::: Dataset extract :::

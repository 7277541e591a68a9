-- ===== src/Subscriber/References.antt =====
-- The subscribers account for every reference that they take and give up. Counts are compared
-- modulo 2^32, as the `atomic.Int32` holds them.
use cam_server.Base.{
  ℕ, zero, suc, ◌+◌, ◌-◌, ◌%◌, ◌≡◌, refl, ap, Bool, true, List, [], ◌∷◌, ◌++◌, List-cases, length,
  take, drop, arith, inl, inr,
}
use cam_server.Stream.Packet.{AvPacket}
use cam_server.Stream.Pool.{
  Pool, modulus, retain, count, one, refs-retain, refs-release, refs-release_all,
}
use cam_server.Subscriber.Defs.{
  Buffered, Subscriber, live, buffered, start_group, cut_group, update_gop, deliver, held, consume,
  finish_run, close, gop_cache_max,
}

pub count-append : (q : ℕ) (xs ys : List ℕ) → count q (xs ++ ys) ≡ count q xs + count q ys
unfolding count
count-append q [] ys = omega arith
count-append q (x ∷ xs) ys = omega (arith, count-append q xs ys)

pub count-take-drop :
    (q n : ℕ) (xs : List ℕ) → count q (take n xs) + count q (drop n xs) ≡ count q xs
unfolding count
count-take-drop q zero xs = omega arith
count-take-drop q (suc n) [] = omega arith
count-take-drop q (suc n) (x ∷ xs) = omega (arith, count-take-drop q n xs)

pub count-single : (q p : ℕ) → count q (p ∷ []) ≡ one q p
unfolding count
count-single q p = omega arith

pub count-cons : (q p : ℕ) (ps : List ℕ) → count q (p ∷ ps) ≡ one q p + count q ps
unfolding count
count-cons q p ps = refl

-- From one pool and what is held to another, each reference is accounted for: `gained` references
-- come from outside.
abbrev pub Accounts : (ℕ → ℕ) → Pool → List ℕ → Pool → List ℕ → Type 0
Accounts gained pool xs pool' xs' =
    (q : ℕ)
    → (pool'.refs q + count q xs + gained q) % modulus ≡ (pool.refs q + count q xs') % modulus

module _ (info : ℕ → AvPacket) where
  start_group-refs :
      (p : ℕ) (gop : List ℕ) (pool : Pool) (q : ℕ)
      → ((start_group info p gop pool).1.refs q + count q gop) % modulus
        ≡ (pool.refs q + count q (start_group info p gop pool).0) % modulus
  unfolding start_group count
  start_group-refs p gop pool q = ground (arith, refs-release_all q gop pool)

  cut_group-refs :
      (gop : List ℕ) (pool : Pool) (q : ℕ)
      → ((cut_group info gop pool).1.refs q + count q gop) % modulus
        ≡ (pool.refs q + count q (cut_group info gop pool).0) % modulus
  unfolding cut_group
  cut_group-refs gop pool q = ground (
    arith,
    refs-release_all q (take (length gop - gop_cache_max) gop) pool,
    count-take-drop q (length gop - gop_cache_max) gop,
  )

  -- The cache takes one reference for the packet that it adds.
  update_gop-refs :
      (p : ℕ) (gop : List ℕ) (pool : Pool) (q : ℕ)
      → ((update_gop info p gop pool).1.refs q + count q gop) % modulus
        ≡ (pool.refs q + count q (update_gop info p gop pool).0) % modulus
  unfolding update_gop
  update_gop-refs p gop pool q =
      let (gop1, pool1) = start_group info p gop pool in
      omega (
        arith,
        start_group-refs p gop pool q,
        refs-retain q p pool1,
        count-append q gop1 (p ∷ []),
        count-single q p,
        cut_group-refs (gop1 ++ p ∷ []) (retain p pool1) q,
      )

  -- `Deliver` accounts for the reference that it is given, and for every other: a packet that the
  -- subscriber keeps has its count, and a packet that it drops or sheds is released, once each.
  pub deliver-Accounts :
      (sent : Bool) (p : ℕ) (s : Subscriber) (pool : Pool)
      → Accounts
          (λ q. one q p)
          pool
          (held s)
          (deliver info sent p s pool).1
          (held (deliver info sent p s pool).0)
  unfolding deliver held
  deliver-Accounts sent p (live s) pool q =
      let pool' = (update_gop info p s.gop pool).1 in
      omega (arith, update_gop-refs p s.gop pool q, refs-release q p pool')
  deliver-Accounts sent p (buffered s) pool q =
      ground (arith, refs-release q p pool, count-append q s.queue (p ∷ []), count-single q p)

finish_run-Accounts :
    (s : Buffered) (pool : Pool)
    → Accounts (λ q. 0) pool s.queue (finish_run s pool).1 (finish_run s pool).0.queue
unfolding finish_run count
finish_run-Accounts s pool q = ground (arith, refs-release_all q s.queue pool)

consume-Accounts :
    (s : Buffered) (pool : Pool)
    → Accounts (λ q. 0) pool s.queue (consume s pool).1 (consume s pool).0.queue
unfolding consume
consume-Accounts s pool q = elim (List-cases s.queue) [
  | inl e ↦ rw (e, consume) (omega (arith, ap (count q) e))
  | inr (p, rest, e) ↦
      rw (e, consume) (ground (arith, refs-release q p pool, ap (count q) e, count-cons q p rest))
]

-- `Close` gives up references only together with the packets that the subscriber held.
pub close-Accounts :
    (s : Subscriber) (pool : Pool)
    → Accounts (λ q. 0) pool (held s) (close s pool).1 (held (close s pool).0)
unfolding close held count
close-Accounts (live s) pool q = omega (arith, refs-release_all q s.gop pool)
close-Accounts (buffered s) pool q = finish_run-Accounts s pool q

-- Whether `Close` gets everything released: the goroutine of a buffered subscriber must still run.
abbrev pub drains : Subscriber → Bool
drains (live s) = true
drains (buffered s) = s.running

-- After `Close` such a subscriber has given up every reference that it held.
pub close-drains :
    (s : Subscriber) (pool : Pool) (q : ℕ)
    → drains s ≡ true
    → ((close s pool).1.refs q + count q (held s)) % modulus ≡ pool.refs q % modulus
unfolding close finish_run held
close-drains (live s) pool q d = refs-release_all q s.gop pool
close-drains (buffered s) pool q d = ground (arith, refs-release_all q s.queue pool)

:::

### Exercise objective
Output an identical copy of every record above.

### Output for this exercise
repository 7277541e591a68a9
-- ===== src/Subscriber/References.antt =====
-- The subscribers account for every reference that they take and give up. Counts are compared
-- modulo 2^32, as the `atomic.Int32` holds them.
use cam_server.Base.{
  ℕ, zero, suc, ◌+◌, ◌-◌, ◌%◌, ◌≡◌, refl, ap, Bool, true, List, [], ◌∷◌, ◌++◌, List-cases, length,
  take, drop, arith, inl, inr,
}
use cam_server.Stream.Packet.{AvPacket}
use cam_server.Stream.Pool.{
  Pool, modulus, retain, count, one, refs-retain, refs-release, refs-release_all,
}
use cam_server.Subscriber.Defs.{
  Buffered, Subscriber, live, buffered, start_group, cut_group, update_gop, deliver, held, consume,
  finish_run, close, gop_cache_max,
}

pub count-append : (q : ℕ) (xs ys : List ℕ) → count q (xs ++ ys) ≡ count q xs + count q ys
unfolding count
count-append q [] ys = omega arith
count-append q (x ∷ xs) ys = omega (arith, count-append q xs ys)

pub count-take-drop :
    (q n : ℕ) (xs : List ℕ) → count q (take n xs) + count q (drop n xs) ≡ count q xs
unfolding count
count-take-drop q zero xs = omega arith
count-take-drop q (suc n) [] = omega arith
count-take-drop q (suc n) (x ∷ xs) = omega (arith, count-take-drop q n xs)

pub count-single : (q p : ℕ) → count q (p ∷ []) ≡ one q p
unfolding count
count-single q p = omega arith

pub count-cons : (q p : ℕ) (ps : List ℕ) → count q (p ∷ ps) ≡ one q p + count q ps
unfolding count
count-cons q p ps = refl

-- From one pool and what is held to another, each reference is accounted for: `gained` references
-- come from outside.
abbrev pub Accounts : (ℕ → ℕ) → Pool → List ℕ → Pool → List ℕ → Type 0
Accounts gained pool xs pool' xs' =
    (q : ℕ)
    → (pool'.refs q + count q xs + gained q) % modulus ≡ (pool.refs q + count q xs') % modulus

module _ (info : ℕ → AvPacket) where
  start_group-refs :
      (p : ℕ) (gop : List ℕ) (pool : Pool) (q : ℕ)
      → ((start_group info p gop pool).1.refs q + count q gop) % modulus
        ≡ (pool.refs q + count q (start_group info p gop pool).0) % modulus
  unfolding start_group count
  start_group-refs p gop pool q = ground (arith, refs-release_all q gop pool)

  cut_group-refs :
      (gop : List ℕ) (pool : Pool) (q : ℕ)
      → ((cut_group info gop pool).1.refs q + count q gop) % modulus
        ≡ (pool.refs q + count q (cut_group info gop pool).0) % modulus
  unfolding cut_group
  cut_group-refs gop pool q = ground (
    arith,
    refs-release_all q (take (length gop - gop_cache_max) gop) pool,
    count-take-drop q (length gop - gop_cache_max) gop,
  )

  -- The cache takes one reference for the packet that it adds.
  update_gop-refs :
      (p : ℕ) (gop : List ℕ) (pool : Pool) (q : ℕ)
      → ((update_gop info p gop pool).1.refs q + count q gop) % modulus
        ≡ (pool.refs q + count q (update_gop info p gop pool).0) % modulus
  unfolding update_gop
  update_gop-refs p gop pool q =
      let (gop1, pool1) = start_group info p gop pool in
      omega (
        arith,
        start_group-refs p gop pool q,
        refs-retain q p pool1,
        count-append q gop1 (p ∷ []),
        count-single q p,
        cut_group-refs (gop1 ++ p ∷ []) (retain p pool1) q,
      )

  -- `Deliver` accounts for the reference that it is given, and for every other: a packet that the
  -- subscriber keeps has its count, and a packet that it drops or sheds is released, once each.
  pub deliver-Accounts :
      (sent : Bool) (p : ℕ) (s : Subscriber) (pool : Pool)
      → Accounts
          (λ q. one q p)
          pool
          (held s)
          (deliver info sent p s pool).1
          (held (deliver info sent p s pool).0)
  unfolding deliver held
  deliver-Accounts sent p (live s) pool q =
      let pool' = (update_gop info p s.gop pool).1 in
      omega (arith, update_gop-refs p s.gop pool q, refs-release q p pool')
  deliver-Accounts sent p (buffered s) pool q =
      ground (arith, refs-release q p pool, count-append q s.queue (p ∷ []), count-single q p)

finish_run-Accounts :
    (s : Buffered) (pool : Pool)
    → Accounts (λ q. 0) pool s.queue (finish_run s pool).1 (finish_run s pool).0.queue
unfolding finish_run count
finish_run-Accounts s pool q = ground (arith, refs-release_all q s.queue pool)

consume-Accounts :
    (s : Buffered) (pool : Pool)
    → Accounts (λ q. 0) pool s.queue (consume s pool).1 (consume s pool).0.queue
unfolding consume
consume-Accounts s pool q = elim (List-cases s.queue) [
  | inl e ↦ rw (e, consume) (omega (arith, ap (count q) e))
  | inr (p, rest, e) ↦
      rw (e, consume) (ground (arith, refs-release q p pool, ap (count q) e, count-cons q p rest))
]

-- `Close` gives up references only together with the packets that the subscriber held.
pub close-Accounts :
    (s : Subscriber) (pool : Pool)
    → Accounts (λ q. 0) pool (held s) (close s pool).1 (held (close s pool).0)
unfolding close held count
close-Accounts (live s) pool q = omega (arith, refs-release_all q s.gop pool)
close-Accounts (buffered s) pool q = finish_run-Accounts s pool q

-- Whether `Close` gets everything released: the goroutine of a buffered subscriber must still run.
abbrev pub drains : Subscriber → Bool
drains (live s) = true
drains (buffered s) = s.running

-- After `Close` such a subscriber has given up every reference that it held.
pub close-drains :
    (s : Subscriber) (pool : Pool) (q : ℕ)
    → drains s ≡ true
    → ((close s pool).1.refs q + count q (held s)) % modulus ≡ pool.refs q % modulus
unfolding close finish_run held
close-drains (live s) pool q d = refs-release_all q s.gop pool
close-drains (buffered s) pool q d = ground (arith, refs-release_all q s.queue pool)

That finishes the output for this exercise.